**TASK TO COMPLETE**: Transcribe the following records in full, exactly as shown.

++++ GIVEN RECORDS

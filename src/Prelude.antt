-- ===== src/Prelude.antt =====
-- The names that the other modules share: the libraries', passed on, and those of the children.
mod Tests
mod Lists
mod Results
mod Chars
pub use Tests.*
pub use Lists.*
pub use Results.*
unfoldable pub use Chars.{
  Text, text, is_control, is_whitespace, is_ascii_uppercase, is_ascii_lowercase, is_ascii_digit,
  is_ascii_alphanumeric, trim_start, trim, is_blank, len, text_eq, has_control, starts_with,
  ends_with, is_surrogate, is_unicode,
}
pub use Chars.{is_blank-eq-all, text_eq_iff, text_eq_self, len-append, length-le-len, len-map}
pub use Prim.Native.Nat.{ℕ, zero, suc, ◌+◌, ◌-◌, ◌*◌, ◌/◌, ◌%◌, ◌^◌, ◌≤◌, ◌<◌, min, max}
pub use mathlib.Core.Path.{◌≡◌, refl, sym, ap, ap₂, ◌∙◌, subst}
pub use mathlib.Core.Logic.{◌≢◌, ◌↔◌, ◌⊎◌, inl, inr}
pub use mathlib.Core.Bool.{Bool, true, false, not, ◌&&◌, ◌||◌}
pub use mathlib.Core.Option.{Option, none, some}
pub use mathlib.Core.List.{List, [], ◌∷◌, ◌++◌, map, reverse, append-nil, append_assoc, Memᴰ}
pub use native.Mathlib.Omega.{arith}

++++++++

**ANSWER SPACE**:
filename src/Prelude.antt
-- ===== src/Prelude.antt =====
-- The names that the other modules share: the libraries', passed on, and those of the children.
mod Tests
mod Lists
mod Results
mod Chars
pub use Tests.*
pub use Lists.*
pub use Results.*
unfoldable pub use Chars.{
  Text, text, is_control, is_whitespace, is_ascii_uppercase, is_ascii_lowercase, is_ascii_digit,
  is_ascii_alphanumeric, trim_start, trim, is_blank, len, text_eq, has_control, starts_with,
  ends_with, is_surrogate, is_unicode,
}
pub use Chars.{is_blank-eq-all, text_eq_iff, text_eq_self, len-append, length-le-len, len-map}
pub use Prim.Native.Nat.{ℕ, zero, suc, ◌+◌, ◌-◌, ◌*◌, ◌/◌, ◌%◌, ◌^◌, ◌≤◌, ◌<◌, min, max}
pub use mathlib.Core.Path.{◌≡◌, refl, sym, ap, ap₂, ◌∙◌, subst}
pub use mathlib.Core.Logic.{◌≢◌, ◌↔◌, ◌⊎◌, inl, inr}
pub use mathlib.Core.Bool.{Bool, true, false, not, ◌&&◌, ◌||◌}
pub use mathlib.Core.Option.{Option, none, some}
pub use mathlib.Core.List.{List, [], ◌∷◌, ◌++◌, map, reverse, append-nil, append_assoc, Memᴰ}
pub use native.Mathlib.Omega.{arith}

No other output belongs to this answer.